Why use triple-equal (===) in TypeScript?

short version:

== can do unexpected type conversions, in Javascript 1=="1" is true. The === operator avoids this. Comparing different types with === is always false.

The typescript compiler will emit an error message when you compare different types with ==. This removes the unexpected type conversions that can happen with == in Javascript.

This is a case where valid Javascript leads to an error message in the typescript compiler. The idea that all valid Javascript is also valid Typescript is a common misconception. This is simply not true.

longer version: I think the accepted answer is misleading. Typescript actually does fix == vs === (as far as possible at least).

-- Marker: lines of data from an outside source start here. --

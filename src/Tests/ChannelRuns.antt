-- ===== src/Tests/ChannelRuns.antt =====
-- The theorems on output channels at concrete inputs.
use multi_script.Prelude.{◌≡◌, refl, true, false, [], ◌∷◌, arith, codes, length}
use multi_script.Outcome.{ok, ◌>>=◌}
use multi_script.Ocaml.Print.{
  ocaml_print_callback, print_calls, c_string, print-ocaml_print_callback,
}
use multi_script.Runtime.Channel.{
  World, Channel, accepted, interrupted, failed, caml_flush, caml_really_putblock,
}
use multi_script.Runtime.Channel.Delivery.{Delivered, caml_flush-Delivered}
use multi_script.Runtime.Channel.Puts.{Puts, caml_really_putblock-Puts}

abbrev channel : Channel
channel = record { fd = 3; offset = 10; buffered = codes "abc" }

-- The system takes two bytes, is interrupted, and takes one.
abbrev slow : World
slow = record {
  answers = accepted 1 ∷ interrupted ∷ accepted 0 ∷ [];
  stdout_func = false;
  sink = codes "x";
  calls = [];
}

abbrev stdout : Channel
stdout = record { fd = 1; offset = 0; buffered = [] }

abbrev hooked : World
hooked = record {
  answers = failed ∷ [];
  stdout_func = true;
  sink = codes "A";
  calls = (1, codes "A") ∷ [];
}

caml_flush-Delivered_example :
    (c' : Channel) × (w' : World) × (caml_flush channel slow ≡ ok (c', w'))
    × Delivered [] channel slow c' w'
    × (length c'.buffered ≡ 0)
caml_flush-Delivered_example = caml_flush-Delivered channel slow (omega arith) tt

caml_really_putblock-Puts_example :
    Puts (codes "defg") channel slow (caml_really_putblock (codes "defg") channel slow)
caml_really_putblock-Puts_example =
    caml_really_putblock-Puts (codes "defg") channel slow (omega arith) tt

print-ocaml_print_callback_example :
    (c' : Channel) × (w' : World) × ((caml_really_putblock (codes "Hello") stdout hooked
        >>= λ (c₁, w₁). caml_flush c₁ w₁)
      ≡ ok (c', w'))
    × (c'.buffered ≡ [])
    × (w'.calls ≡ (1, codes "A") ∷ (1, codes "Hello") ∷ [])
    × (print_calls true w'.calls [] ≡ ok (codes "A" ∷ c_string (codes "Hello") ∷ []))
print-ocaml_print_callback_example =
    print-ocaml_print_callback (codes "Hello") stdout hooked [] (codes "A" ∷ []) (omega arith)
      (omega arith) refl refl (unfold print_calls ocaml_print_callback in refl)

In Javascript there are two comparison operators:

  • == : When comparing primitive values, like numbers and strings, this operator will apply a type conversion before doing the comparison. 1 == "1" evaluates to true.
  • ===: This operator does not do type conversions. If the types don't match it will always return false.

Also, both operators will compare reference types based on their references. Two separate objects are never considered equal to each other, even if they store the same values:

let a = {val:1};
let b = {val:1};
c = a;

a==b; // false
a===b; // false
a==c; //true
a===c; //true

So there you have the two common sources of errors in Javascript comparisons:

  1. comparing different types with == can lead to unexpected type conversions.
  2. comparing objects and arrays is based on references not values stored inside.

As the existing answer already says, Typescript is designed as a superset of Javascript. So it doesn't change the behaviour of these comparison operators. If you write == in Typescript, you get type conversions.

So how is this fixed? With the compiler. If you actually do write code that compares incompatible types with == it's a compiler error. Try compiling the following sample:

let str = "1";
let num = 1;

console.log(str == num);

The compiler will tell you:

comparisons.ts:4:13 - error TS2367: This condition will always return 'false' since the types 'string' and 'number' have no overlap.

4 console.log(str == num);

Found 1 error.

It is a common misconception that any valid Javascript is also valid Typescript. This is not true and the code above is an example where the typescript compiler will complain about valid Javascript.

This fixes the first of the two sources of errors: unexpected type conversions. It doesn't deal with the second source of errors: comparisons based on references. As far as I know, when you want to do a comparison based on values stored by the objects, you simply can't use these operators. You'll have to implement your own equals() method.

Also, you may have noticed that the compiler error is wrong. The comparison will not always evaluate to false. I think this is a bug in typescript and have filed an issue.

Imagine you're designing TypeScript from scratch. Essentially, you're trying to optimize for making safer code easier to write (TypeScript design goal 1) with a few caveats which prevent you from doing everything you'd like.

JavaScript compatibility (TypeScript design goal 7)

JavaScript should be valid Typescript with no changes.

CoffeeScript makes no guarantees regarding this, so it can convert all instances of == to === and simply tell users don't rely on =='s behavior. TypeScript cannot redefine == without breaking all JavaScript code that relies on its behavior (despite this having sad implications for 3).

This also implies that TypeScript cannot change the functionality of === to, for example, check the types of both operands at compile time and reject programs comparing variables of different types.

Further, compatibility is not limited to simply JavaScript programs; breaking compatibility also affects JavaScript programmers by breaking their assumptions about the differences between == and ===. See TypeScript non-goal number 7:

Introduce behaviour that is likely to surprise users. Instead have due consideration for patterns adopted by other commonly-used languages.

JavaScript as the target of compilation (TypeScript design goal 4)

All TypeScript must be representable in JavaScript. Further, it should be idiomatic JavaScript where possible.

Really though, the TypeScript compiler could use methods returning booleans for all comparisons, doing away with == and === entirely. This might even be safer for users: define a type-safe equality method on each TypeScript type (rather like C++ operator==, just without overloading).

So there is a workaround (for users comparing classes). unknown or any variables can have their types narrowed before using the type-safe equality method.

Which to prefer

Use === everywhere you would in JavaScript. This has the advantage of avoiding the pitfalls common to ==, and doesn't require you to maintain an additional method. The output of the TypeScript compiler will be close to idiomatic JavaScript. Using == has very much the same pitfalls as JavaScript, particularly when you have any, [], or {} involved. As an exception, using == null to check for null or undefined may save headaches if library code is inconsistent.

A method for reference equality (behavior like === for classes) could be confused with a deep/value recursive equality check. Furthermore, === is widely used in TypeScript, and making your code fall in line with conventions is usually more important than any small bit of type safety.